*** Opening of DATA ***

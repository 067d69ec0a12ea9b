-- ===== src/Encoding/Uri/Laws.antt =====
-- The percent codecs: what the encoders write is read back.
use capnp_import.Common.{ℕ, zero, suc, length, ◌+◌, ◌*◌, ◌/◌, ◌%◌, ◌^◌, ◌<◌, ◌≤◌, ◌≡◌}
use capnp_import.Common.{List, [], ◌∷◌, ◌++◌, Bool, true, false, some, ◌==◌}
use capnp_import.Common.{if◌then◌else◌, ◌&&◌, All, arith, bit_or, refl, length-append}
use capnp_import.Common.{inl, inr, Bool-cases}
use capnp_import.Common.Bits.{bit_or_disjoint}
use mathlib.Core.Option
use capnp_import.Encoding.{EncodingResult, IsByte, at, hex_digits_uri}
use capnp_import.Encoding.Digits.{try_from_hex_digit-hex_digits_uri}
use capnp_import.Encoding.Uri.{
  escape, stays_in_component, stays_in_fragment, stays_in_path, stays_in_user_info, stays_in_form,
  encode_bytes, encode_uri_component, encode_uri_fragment, encode_uri_path, encode_uri_user_info,
  encode_www_form, DecodeUriOptions, decode_piece, add_piece, decode_uri_loop,
  decode_binary_uri_component,
}

-- The rounds of the decoder over the characters of one byte.
Reads : DecodeUriOptions → ℕ → List ℕ → Type 0
Reads o b chars =
    (fuel : ℕ) (text : List ℕ)
    → decode_uri_loop (suc fuel) o (chars ++ text)
      ≡ Option.map (λ (r : EncodingResult). record r { value = b ∷ r.value })
          (decode_uri_loop fuel o text)

digits_of_byte : (b : ℕ) → b < 256 → bit_or (b / 16 * 2 ^ 4 % 2 ^ 8) (b % 16) ≡ b
digits_of_byte b h = ground (arith, bit_or_disjoint 4 (b / 16) (b % 16) (omega arith))

decode_piece-escape :
    (o : DecodeUriOptions) (b : ℕ) (text : List ℕ)
    → b < 256
    → decode_piece o b'%' (at hex_digits_uri (b / 16) ∷ at hex_digits_uri (b % 16) ∷ text)
      ≡ record { byte = some b; failed = false; rest = text }
unfolding decode_piece
decode_piece-escape o b text h = ground (
  arith,
  try_from_hex_digit-hex_digits_uri (b / 16) (omega arith),
  try_from_hex_digit-hex_digits_uri (b % 16) (omega arith),
  digits_of_byte b h,
)

Reads-escape : (o : DecodeUriOptions) (b : ℕ) → b < 256 → Reads o b (escape b)
unfolding decode_uri_loop escape add_piece Reads
Reads-escape o b h fuel text = rw (decode_piece-escape o b text h)

-- A character that the decoder takes as it is.
Reads-self :
    (o : DecodeUriOptions) (b : ℕ)
    → (b == b'%') ≡ false
    → (o.plus_to_space && b == b'+') ≡ false
    → Reads o b (b ∷ [])
unfolding decode_uri_loop add_piece Reads decode_piece
Reads-self o b e p fuel text = rw (e, p)

abbrev pub nul : DecodeUriOptions → List ℕ
nul o = if o.nul_terminate then 0 ∷ [] else []

module _ (o : DecodeUriOptions) (f : ℕ → List ℕ)
    (reads : (b : ℕ) → IsByte b → Reads o b (f b)) where
  decode_uri_loop-encode_bytes :
      (bytes : List ℕ) (fuel : ℕ)
      → All IsByte bytes
      → length bytes ≤ fuel
      → decode_uri_loop fuel o (encode_bytes f bytes)
        ≡ some (record { value = bytes ++ nul o; had_errors = false })
  unfolding encode_bytes decode_uri_loop Reads
  decode_uri_loop-encode_bytes [] zero h k = refl
  decode_uri_loop-encode_bytes [] (suc fuel) h k = refl
  decode_uri_loop-encode_bytes (b ∷ bytes) zero h k = absurd (omega arith)
  decode_uri_loop-encode_bytes (b ∷ bytes) (suc fuel) (hb, hbs) k =
      rw (reads b hb fuel (encode_bytes f bytes))
        (rw (decode_uri_loop-encode_bytes bytes fuel hbs (omega arith)) refl)

  module _ (some_char : (b : ℕ) → 1 ≤ length (f b)) where
    length-encode_bytes : (bytes : List ℕ) → length bytes ≤ length (encode_bytes f bytes)
    unfolding encode_bytes
    length-encode_bytes [] = omega arith
    length-encode_bytes (b ∷ bytes) =
        rw length-append (omega (arith, some_char b, length-encode_bytes bytes))

    decode-encode_bytes :
        (bytes : List ℕ)
        → All IsByte bytes
        → decode_binary_uri_component o (encode_bytes f bytes)
          ≡ some (record { value = bytes ++ nul o; had_errors = false })
    unfolding decode_binary_uri_component
    decode-encode_bytes bytes h = decode_uri_loop-encode_bytes bytes _ h (length-encode_bytes bytes)

-- An encoder that keeps the characters of `stays` and escapes the rest.
module _ (o : DecodeUriOptions) (stays : ℕ → Bool)
    (kept : (b : ℕ) → stays b ≡ true → (b == b'%') ≡ false)
    (no_plus : (b : ℕ) → stays b ≡ true → (o.plus_to_space && b == b'+') ≡ false) where
  keep_or_escape : ℕ → List ℕ
  keep_or_escape b = if stays b then b ∷ [] else escape b

  Reads-keep_or_escape : (b : ℕ) → IsByte b → Reads o b (keep_or_escape b)
  unfolding keep_or_escape
  Reads-keep_or_escape b h = elim (Bool-cases (stays b)) [
    | inl e ↦ rw e (Reads-self o b (kept b e) (no_plus b e))
    | inr e ↦ rw e (Reads-escape o b h)
  ]

  some_char_kept : (b : ℕ) → 1 ≤ length (keep_or_escape b)
  unfolding keep_or_escape escape
  some_char_kept b = ground arith

  decode-keep_or_escape :
      (bytes : List ℕ)
      → All IsByte bytes
      → decode_binary_uri_component o (encode_bytes keep_or_escape bytes)
        ≡ some (record { value = bytes ++ nul o; had_errors = false })
  decode-keep_or_escape = decode-encode_bytes o keep_or_escape Reads-keep_or_escape some_char_kept

plus_off :
    (o : DecodeUriOptions) (b : ℕ)
    → o.plus_to_space ≡ false
    → (o.plus_to_space && b == b'+') ≡ false
plus_off o b h = rw h

abbrev pub IsReadBack : DecodeUriOptions → List ℕ → List ℕ → Type 0
IsReadBack o bytes text =
    decode_binary_uri_component o text
    ≡ some (record { value = bytes ++ nul o; had_errors = false })

-- What the four URI encoders write is decoded to the bytes that they were given, with no error
-- and with a NUL behind them where the options ask for one, unless `+` is read as a space.
pub decode_binary_uri_component-encode_uri :
    (o : DecodeUriOptions) (bytes : List ℕ)
    → o.plus_to_space ≡ false
    → All IsByte bytes
    → IsReadBack o bytes (encode_uri_component bytes)
      × IsReadBack o bytes (encode_uri_fragment bytes)
      × IsReadBack o bytes (encode_uri_path bytes)
      × IsReadBack o bytes (encode_uri_user_info bytes)
unfolding encode_uri_component encode_uri_fragment encode_uri_path encode_uri_user_info
    keep_or_escape
decode_binary_uri_component-encode_uri o bytes plus h = (
  decode-keep_or_escape o stays_in_component (λ b e. ground arith) (λ b e. plus_off o b plus) bytes
      h,
  decode-keep_or_escape o stays_in_fragment (λ b e. ground arith) (λ b e. plus_off o b plus) bytes
      h,
  decode-keep_or_escape o stays_in_path (λ b e. ground arith) (λ b e. plus_off o b plus) bytes h,
  decode-keep_or_escape o stays_in_user_info (λ b e. ground arith) (λ b e. plus_off o b plus) bytes
      h,
)

-- `encodeUriComponent` escapes `+`, so what it writes is read back under any options.
pub decode_binary_uri_component-encode_uri_component :
    (o : DecodeUriOptions) (bytes : List ℕ)
    → All IsByte bytes
    → IsReadBack o bytes (encode_uri_component bytes)
unfolding encode_uri_component keep_or_escape
decode_binary_uri_component-encode_uri_component o bytes h =
    decode-keep_or_escape o stays_in_component (λ b e. ground arith) (λ b e. ground arith) bytes h

Reads-plus : (o : DecodeUriOptions) → o.plus_to_space ≡ true → Reads o b' ' (b'+' ∷ [])
unfolding decode_uri_loop add_piece Reads decode_piece
Reads-plus o plus fuel text = rw plus

form_percent : (b : ℕ) → stays_in_form b ≡ true → (b == b'%') ≡ false
unfolding stays_in_form
form_percent b e = ground arith

form_plus :
    (o : DecodeUriOptions) (b : ℕ) → stays_in_form b ≡ true → (o.plus_to_space && b == b'+') ≡ false
unfolding stays_in_form
form_plus o b e = ground arith

==_eq : (a b : ℕ) → (a == b) ≡ true → a ≡ b
==_eq a b h = ground arith

form_chars : ℕ → List ℕ
form_chars b = if stays_in_form b then b ∷ [] else if b == b' ' then b'+' ∷ [] else escape b

Reads-form_chars :
    (o : DecodeUriOptions) (b : ℕ) → o.plus_to_space ≡ true → IsByte b → Reads o b (form_chars b)
unfolding form_chars
Reads-form_chars o b plus h = elim (Bool-cases (stays_in_form b)) [
  | inl e ↦ rw e (Reads-self o b (form_percent b e) (form_plus o b e))
  | inr e ↦ elim (Bool-cases (b == b' ')) [
    | inl space ↦ rw (e, space) (rw (==_eq b b' ' space) (Reads-plus o plus))
    | inr other ↦ rw (e, other) (Reads-escape o b h)
  ]
]

-- What `encodeWwwForm` writes is read back where `+` is read as a space.
pub decode_binary_uri_component-encode_www_form :
    (o : DecodeUriOptions) (bytes : List ℕ)
    → o.plus_to_space ≡ true
    → All IsByte bytes
    → IsReadBack o bytes (encode_www_form bytes)
unfolding encode_www_form form_chars escape
decode_binary_uri_component-encode_www_form o bytes plus h =
    decode-encode_bytes o form_chars (λ b k. Reads-form_chars o b plus k) (λ b. ground arith) bytes
      h

-- One round reads a character at least, and adds a byte at most for each that it reads.
decode_piece_shrinks :
    (o : DecodeUriOptions) (c : ℕ) (text : List ℕ) (r : EncodingResult)
    → (length (decode_piece o c text).rest ≤ length text)
      × (length (add_piece (decode_piece o c text) r).value + length (decode_piece o c text).rest
          ≤ length r.value + length text + 1)
unfolding decode_piece add_piece
decode_piece_shrinks o c text r = ground arith

decode_uri_loop_total :
    (fuel : ℕ) (o : DecodeUriOptions) (text : List ℕ)
    → length text ≤ fuel
    → (r : EncodingResult) × (decode_uri_loop fuel o text ≡ some r)
      × (length r.value ≤ length text + length (nul o))
unfolding decode_uri_loop
decode_uri_loop_total fuel o [] h = (_, refl, omega arith)
decode_uri_loop_total zero o (c ∷ text) h = absurd (omega arith)
decode_uri_loop_total (suc fuel) o (c ∷ text) h =
    let p = decode_piece o c text in
    let (r, e, small) =
      decode_uri_loop_total fuel o p.rest (
        omega (arith, decode_piece_shrinks o c text (record { value = []; had_errors = false }))) in
    (add_piece p r, rw e, omega (arith, decode_piece_shrinks o c text r))

-- On every text `decodeBinaryUriComponent` ends, and it adds no more bytes than the array that it
-- reserves has: one for each character, and the NUL that the options ask for.
pub decode_binary_uri_component_total :
    (o : DecodeUriOptions) (text : List ℕ)
    → (r : EncodingResult) × (decode_binary_uri_component o text ≡ some r)
      × (length r.value ≤ length text + length (nul o))
unfolding decode_binary_uri_component
decode_binary_uri_component_total o text = decode_uri_loop_total (length text) o text (omega arith)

*** Close of DATA ***

TASK: If a line of the entries contains "then", it counts; say how many such lines there are and give only the number.

EXERCISE OUTPUT: 4